Stored data entries:
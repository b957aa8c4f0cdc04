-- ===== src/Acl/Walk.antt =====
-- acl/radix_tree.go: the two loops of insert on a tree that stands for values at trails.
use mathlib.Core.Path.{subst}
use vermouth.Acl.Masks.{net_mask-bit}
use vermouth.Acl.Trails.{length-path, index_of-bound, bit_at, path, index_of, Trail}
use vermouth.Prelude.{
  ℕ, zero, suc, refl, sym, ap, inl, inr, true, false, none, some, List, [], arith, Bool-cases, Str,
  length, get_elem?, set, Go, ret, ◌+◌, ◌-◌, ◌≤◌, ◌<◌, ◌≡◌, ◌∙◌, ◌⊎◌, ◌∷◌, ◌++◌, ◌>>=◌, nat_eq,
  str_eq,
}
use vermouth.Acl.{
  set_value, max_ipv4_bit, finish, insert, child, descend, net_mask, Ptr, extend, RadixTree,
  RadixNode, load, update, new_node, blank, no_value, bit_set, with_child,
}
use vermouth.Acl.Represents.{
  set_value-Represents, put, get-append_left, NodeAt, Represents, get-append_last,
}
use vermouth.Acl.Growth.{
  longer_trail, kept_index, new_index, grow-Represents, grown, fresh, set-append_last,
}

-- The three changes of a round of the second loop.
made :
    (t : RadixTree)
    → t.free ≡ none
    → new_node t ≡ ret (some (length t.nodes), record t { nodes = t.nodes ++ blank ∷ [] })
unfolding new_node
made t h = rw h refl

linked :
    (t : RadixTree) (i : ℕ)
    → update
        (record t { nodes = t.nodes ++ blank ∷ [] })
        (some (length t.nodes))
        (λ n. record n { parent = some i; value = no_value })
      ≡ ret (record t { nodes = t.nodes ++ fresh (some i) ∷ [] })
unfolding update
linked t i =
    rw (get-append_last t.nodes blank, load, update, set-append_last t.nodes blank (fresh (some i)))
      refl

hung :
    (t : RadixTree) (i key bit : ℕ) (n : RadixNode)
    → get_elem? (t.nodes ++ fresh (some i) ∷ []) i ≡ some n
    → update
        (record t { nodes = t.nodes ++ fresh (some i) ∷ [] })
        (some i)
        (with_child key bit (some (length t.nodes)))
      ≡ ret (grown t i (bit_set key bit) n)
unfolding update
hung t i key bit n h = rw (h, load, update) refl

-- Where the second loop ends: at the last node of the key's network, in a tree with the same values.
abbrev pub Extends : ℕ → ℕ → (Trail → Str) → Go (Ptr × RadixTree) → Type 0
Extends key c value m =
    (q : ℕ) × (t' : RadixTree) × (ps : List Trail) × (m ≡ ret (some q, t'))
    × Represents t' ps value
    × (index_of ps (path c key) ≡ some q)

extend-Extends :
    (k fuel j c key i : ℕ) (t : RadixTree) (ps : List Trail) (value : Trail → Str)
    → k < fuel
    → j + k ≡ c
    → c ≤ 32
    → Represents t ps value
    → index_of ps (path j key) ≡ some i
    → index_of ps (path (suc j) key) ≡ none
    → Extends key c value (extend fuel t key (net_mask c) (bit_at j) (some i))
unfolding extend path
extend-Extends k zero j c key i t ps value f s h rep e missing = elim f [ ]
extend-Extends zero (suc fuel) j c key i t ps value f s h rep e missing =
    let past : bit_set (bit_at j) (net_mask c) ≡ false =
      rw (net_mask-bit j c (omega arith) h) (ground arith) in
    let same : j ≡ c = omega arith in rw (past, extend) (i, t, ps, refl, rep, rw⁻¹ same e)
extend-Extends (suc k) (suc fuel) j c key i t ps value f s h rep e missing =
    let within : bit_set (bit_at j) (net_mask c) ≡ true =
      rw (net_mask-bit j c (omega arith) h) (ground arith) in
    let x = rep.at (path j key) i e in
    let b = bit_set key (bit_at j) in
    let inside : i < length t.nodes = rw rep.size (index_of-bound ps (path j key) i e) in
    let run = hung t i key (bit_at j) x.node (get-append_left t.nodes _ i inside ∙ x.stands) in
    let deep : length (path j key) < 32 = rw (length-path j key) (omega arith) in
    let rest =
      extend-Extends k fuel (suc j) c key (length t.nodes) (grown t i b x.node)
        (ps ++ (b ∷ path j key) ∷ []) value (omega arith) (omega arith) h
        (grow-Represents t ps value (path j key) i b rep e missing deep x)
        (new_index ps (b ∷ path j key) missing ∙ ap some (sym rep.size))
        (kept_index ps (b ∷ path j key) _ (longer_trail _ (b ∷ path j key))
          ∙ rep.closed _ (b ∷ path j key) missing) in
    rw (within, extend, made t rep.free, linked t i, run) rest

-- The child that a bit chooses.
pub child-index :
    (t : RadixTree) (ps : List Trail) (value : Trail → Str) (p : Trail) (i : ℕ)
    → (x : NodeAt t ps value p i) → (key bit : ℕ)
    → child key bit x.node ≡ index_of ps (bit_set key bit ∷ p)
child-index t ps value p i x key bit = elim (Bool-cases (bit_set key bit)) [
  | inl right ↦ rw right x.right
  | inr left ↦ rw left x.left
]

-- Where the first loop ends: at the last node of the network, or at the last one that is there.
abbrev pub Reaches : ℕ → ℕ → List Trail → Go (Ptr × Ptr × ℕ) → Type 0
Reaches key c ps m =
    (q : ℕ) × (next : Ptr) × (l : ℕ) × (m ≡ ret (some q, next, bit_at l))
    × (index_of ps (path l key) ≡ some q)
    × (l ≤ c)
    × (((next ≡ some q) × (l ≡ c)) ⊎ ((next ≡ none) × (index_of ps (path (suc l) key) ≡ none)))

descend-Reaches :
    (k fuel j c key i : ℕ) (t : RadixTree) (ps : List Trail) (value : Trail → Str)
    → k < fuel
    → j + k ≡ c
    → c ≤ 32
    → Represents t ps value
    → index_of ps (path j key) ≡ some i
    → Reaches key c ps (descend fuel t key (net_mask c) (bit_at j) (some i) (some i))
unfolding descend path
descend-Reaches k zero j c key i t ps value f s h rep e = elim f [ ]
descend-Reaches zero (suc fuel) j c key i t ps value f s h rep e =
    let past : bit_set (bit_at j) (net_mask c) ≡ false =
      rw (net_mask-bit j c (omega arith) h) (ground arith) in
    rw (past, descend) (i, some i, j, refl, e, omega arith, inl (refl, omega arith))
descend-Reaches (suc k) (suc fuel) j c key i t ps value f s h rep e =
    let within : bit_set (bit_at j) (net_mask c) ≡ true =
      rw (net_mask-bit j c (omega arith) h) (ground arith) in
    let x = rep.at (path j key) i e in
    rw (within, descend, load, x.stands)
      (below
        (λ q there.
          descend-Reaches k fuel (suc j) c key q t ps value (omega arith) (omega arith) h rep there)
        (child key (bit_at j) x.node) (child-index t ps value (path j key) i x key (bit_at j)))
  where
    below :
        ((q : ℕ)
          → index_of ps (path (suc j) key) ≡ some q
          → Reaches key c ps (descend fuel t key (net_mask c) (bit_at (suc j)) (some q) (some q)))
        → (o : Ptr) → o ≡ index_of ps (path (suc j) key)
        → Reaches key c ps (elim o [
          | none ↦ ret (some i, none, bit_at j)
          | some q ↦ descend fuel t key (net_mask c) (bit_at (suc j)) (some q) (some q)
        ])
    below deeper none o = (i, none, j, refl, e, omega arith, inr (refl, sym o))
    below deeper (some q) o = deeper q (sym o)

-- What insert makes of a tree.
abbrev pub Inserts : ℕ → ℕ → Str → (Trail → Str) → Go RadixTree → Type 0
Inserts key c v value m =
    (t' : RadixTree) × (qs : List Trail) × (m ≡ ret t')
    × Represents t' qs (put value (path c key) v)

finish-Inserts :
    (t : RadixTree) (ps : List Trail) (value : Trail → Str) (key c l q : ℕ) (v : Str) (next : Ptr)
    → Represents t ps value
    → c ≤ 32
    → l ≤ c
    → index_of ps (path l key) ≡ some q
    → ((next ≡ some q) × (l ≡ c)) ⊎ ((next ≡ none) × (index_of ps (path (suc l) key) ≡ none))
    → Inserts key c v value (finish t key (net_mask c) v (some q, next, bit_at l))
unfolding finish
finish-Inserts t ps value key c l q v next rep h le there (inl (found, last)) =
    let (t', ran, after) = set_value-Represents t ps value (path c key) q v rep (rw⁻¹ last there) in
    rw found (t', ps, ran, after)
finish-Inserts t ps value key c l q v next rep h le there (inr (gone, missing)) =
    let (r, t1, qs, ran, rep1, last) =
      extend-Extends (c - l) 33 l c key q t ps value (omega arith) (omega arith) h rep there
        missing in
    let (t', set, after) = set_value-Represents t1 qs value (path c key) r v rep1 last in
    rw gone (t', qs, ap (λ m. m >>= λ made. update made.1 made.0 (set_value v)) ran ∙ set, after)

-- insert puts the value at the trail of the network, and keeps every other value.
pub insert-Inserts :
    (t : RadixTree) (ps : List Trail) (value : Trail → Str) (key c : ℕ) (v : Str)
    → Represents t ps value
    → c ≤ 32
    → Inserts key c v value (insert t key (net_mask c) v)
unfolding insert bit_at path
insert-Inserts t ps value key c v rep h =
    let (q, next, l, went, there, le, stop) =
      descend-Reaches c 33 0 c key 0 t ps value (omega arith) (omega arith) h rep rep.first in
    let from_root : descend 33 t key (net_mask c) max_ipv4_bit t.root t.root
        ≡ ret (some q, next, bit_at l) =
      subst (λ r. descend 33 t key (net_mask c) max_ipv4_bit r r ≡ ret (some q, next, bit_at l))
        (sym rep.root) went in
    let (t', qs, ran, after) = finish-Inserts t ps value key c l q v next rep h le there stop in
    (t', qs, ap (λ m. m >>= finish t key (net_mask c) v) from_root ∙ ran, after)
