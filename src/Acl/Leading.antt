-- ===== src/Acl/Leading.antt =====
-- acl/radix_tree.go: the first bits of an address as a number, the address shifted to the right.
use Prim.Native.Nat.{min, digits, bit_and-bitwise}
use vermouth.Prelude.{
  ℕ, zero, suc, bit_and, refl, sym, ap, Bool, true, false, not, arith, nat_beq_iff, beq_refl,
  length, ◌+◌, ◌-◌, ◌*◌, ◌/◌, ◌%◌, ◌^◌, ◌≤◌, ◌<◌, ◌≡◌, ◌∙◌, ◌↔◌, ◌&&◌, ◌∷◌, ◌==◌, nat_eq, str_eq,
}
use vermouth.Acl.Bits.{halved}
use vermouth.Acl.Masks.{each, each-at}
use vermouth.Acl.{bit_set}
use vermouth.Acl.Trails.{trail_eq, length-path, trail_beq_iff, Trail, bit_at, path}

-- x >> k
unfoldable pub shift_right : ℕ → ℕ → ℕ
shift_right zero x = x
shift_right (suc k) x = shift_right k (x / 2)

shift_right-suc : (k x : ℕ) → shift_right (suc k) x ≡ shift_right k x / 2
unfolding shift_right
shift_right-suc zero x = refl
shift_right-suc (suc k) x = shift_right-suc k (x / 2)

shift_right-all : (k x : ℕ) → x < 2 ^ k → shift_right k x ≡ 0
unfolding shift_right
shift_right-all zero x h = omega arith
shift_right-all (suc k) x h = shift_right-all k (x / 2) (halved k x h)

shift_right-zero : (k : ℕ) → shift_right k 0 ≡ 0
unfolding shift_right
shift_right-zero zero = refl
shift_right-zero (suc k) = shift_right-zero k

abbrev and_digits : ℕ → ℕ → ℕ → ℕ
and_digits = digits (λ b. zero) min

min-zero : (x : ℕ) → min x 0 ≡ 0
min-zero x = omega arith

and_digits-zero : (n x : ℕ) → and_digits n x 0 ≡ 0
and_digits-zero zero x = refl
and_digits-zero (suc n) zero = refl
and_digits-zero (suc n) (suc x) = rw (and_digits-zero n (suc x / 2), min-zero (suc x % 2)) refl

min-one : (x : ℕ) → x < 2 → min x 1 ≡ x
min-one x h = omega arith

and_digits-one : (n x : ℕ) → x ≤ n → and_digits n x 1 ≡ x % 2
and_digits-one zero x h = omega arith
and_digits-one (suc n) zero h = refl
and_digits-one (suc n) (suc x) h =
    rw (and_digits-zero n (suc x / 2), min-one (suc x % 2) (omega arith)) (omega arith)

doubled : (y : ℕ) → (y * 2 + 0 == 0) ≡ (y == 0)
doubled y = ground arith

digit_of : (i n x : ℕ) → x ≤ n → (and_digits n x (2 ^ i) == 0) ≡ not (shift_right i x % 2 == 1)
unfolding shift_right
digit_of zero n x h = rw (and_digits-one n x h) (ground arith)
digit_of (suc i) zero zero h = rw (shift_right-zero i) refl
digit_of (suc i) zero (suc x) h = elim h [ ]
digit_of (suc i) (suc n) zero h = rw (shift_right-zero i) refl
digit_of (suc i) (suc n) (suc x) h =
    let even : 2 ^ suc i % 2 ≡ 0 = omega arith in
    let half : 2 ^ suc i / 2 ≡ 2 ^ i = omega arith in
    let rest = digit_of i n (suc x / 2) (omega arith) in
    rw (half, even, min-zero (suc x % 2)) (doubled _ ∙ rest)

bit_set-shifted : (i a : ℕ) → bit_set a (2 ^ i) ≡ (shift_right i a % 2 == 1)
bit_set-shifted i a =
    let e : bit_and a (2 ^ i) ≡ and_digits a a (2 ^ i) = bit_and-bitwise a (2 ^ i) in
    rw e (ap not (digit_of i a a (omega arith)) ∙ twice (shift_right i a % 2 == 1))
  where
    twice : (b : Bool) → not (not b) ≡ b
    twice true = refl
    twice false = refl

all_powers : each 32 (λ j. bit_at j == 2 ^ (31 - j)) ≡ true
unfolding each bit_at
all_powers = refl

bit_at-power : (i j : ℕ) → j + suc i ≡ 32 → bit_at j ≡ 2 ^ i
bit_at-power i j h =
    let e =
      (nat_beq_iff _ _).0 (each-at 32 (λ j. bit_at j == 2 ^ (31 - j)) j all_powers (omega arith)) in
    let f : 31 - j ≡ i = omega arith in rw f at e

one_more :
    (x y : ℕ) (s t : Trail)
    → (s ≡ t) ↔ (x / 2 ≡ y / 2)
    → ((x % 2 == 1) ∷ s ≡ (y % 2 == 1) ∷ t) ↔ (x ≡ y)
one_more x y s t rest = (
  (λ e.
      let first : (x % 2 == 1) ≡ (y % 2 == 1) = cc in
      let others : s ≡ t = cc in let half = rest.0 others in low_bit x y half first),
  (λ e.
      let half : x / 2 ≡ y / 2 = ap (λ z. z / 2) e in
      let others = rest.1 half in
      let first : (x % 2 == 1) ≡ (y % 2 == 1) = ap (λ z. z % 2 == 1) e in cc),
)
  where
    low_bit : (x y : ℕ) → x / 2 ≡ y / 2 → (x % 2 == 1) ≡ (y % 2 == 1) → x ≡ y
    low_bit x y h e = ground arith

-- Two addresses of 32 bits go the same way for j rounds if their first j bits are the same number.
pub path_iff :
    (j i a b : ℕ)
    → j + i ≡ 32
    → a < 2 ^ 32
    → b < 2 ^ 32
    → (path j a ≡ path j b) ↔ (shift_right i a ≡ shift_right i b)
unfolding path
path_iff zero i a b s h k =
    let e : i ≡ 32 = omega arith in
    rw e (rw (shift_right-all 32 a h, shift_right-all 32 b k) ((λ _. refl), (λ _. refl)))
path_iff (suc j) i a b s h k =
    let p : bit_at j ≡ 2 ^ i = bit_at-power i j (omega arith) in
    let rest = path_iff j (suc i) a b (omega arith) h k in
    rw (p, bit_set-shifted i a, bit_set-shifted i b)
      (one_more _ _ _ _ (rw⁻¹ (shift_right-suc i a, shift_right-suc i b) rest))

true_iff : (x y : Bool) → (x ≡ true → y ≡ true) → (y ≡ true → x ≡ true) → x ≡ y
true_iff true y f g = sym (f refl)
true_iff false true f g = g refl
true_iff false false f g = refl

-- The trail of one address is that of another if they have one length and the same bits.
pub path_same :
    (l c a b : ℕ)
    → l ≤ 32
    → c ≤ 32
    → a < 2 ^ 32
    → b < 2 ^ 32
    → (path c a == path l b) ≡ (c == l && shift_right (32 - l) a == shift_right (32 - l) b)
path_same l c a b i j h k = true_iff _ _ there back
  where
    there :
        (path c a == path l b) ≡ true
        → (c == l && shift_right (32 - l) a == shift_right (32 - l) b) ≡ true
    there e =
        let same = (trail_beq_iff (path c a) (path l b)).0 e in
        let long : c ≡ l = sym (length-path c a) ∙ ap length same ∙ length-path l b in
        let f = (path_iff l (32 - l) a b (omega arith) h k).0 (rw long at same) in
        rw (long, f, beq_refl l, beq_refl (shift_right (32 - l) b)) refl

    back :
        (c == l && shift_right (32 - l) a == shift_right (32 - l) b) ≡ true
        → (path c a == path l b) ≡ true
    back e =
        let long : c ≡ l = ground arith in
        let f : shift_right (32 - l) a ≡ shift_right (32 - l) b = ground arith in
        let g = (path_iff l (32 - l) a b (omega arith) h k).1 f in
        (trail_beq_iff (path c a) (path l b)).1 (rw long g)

### Exercise objective
The word "within" appears in some of the lines above. Copy those lines.

### Expected answer
    let within : bit_set (bit_at j) (net_mask c) ≡ true =
    rw (within, extend, made t rep.free, linked t i, run) rest
    let within : bit_set (bit_at j) (net_mask c) ≡ true =
    rw (within, descend, load, x.stands)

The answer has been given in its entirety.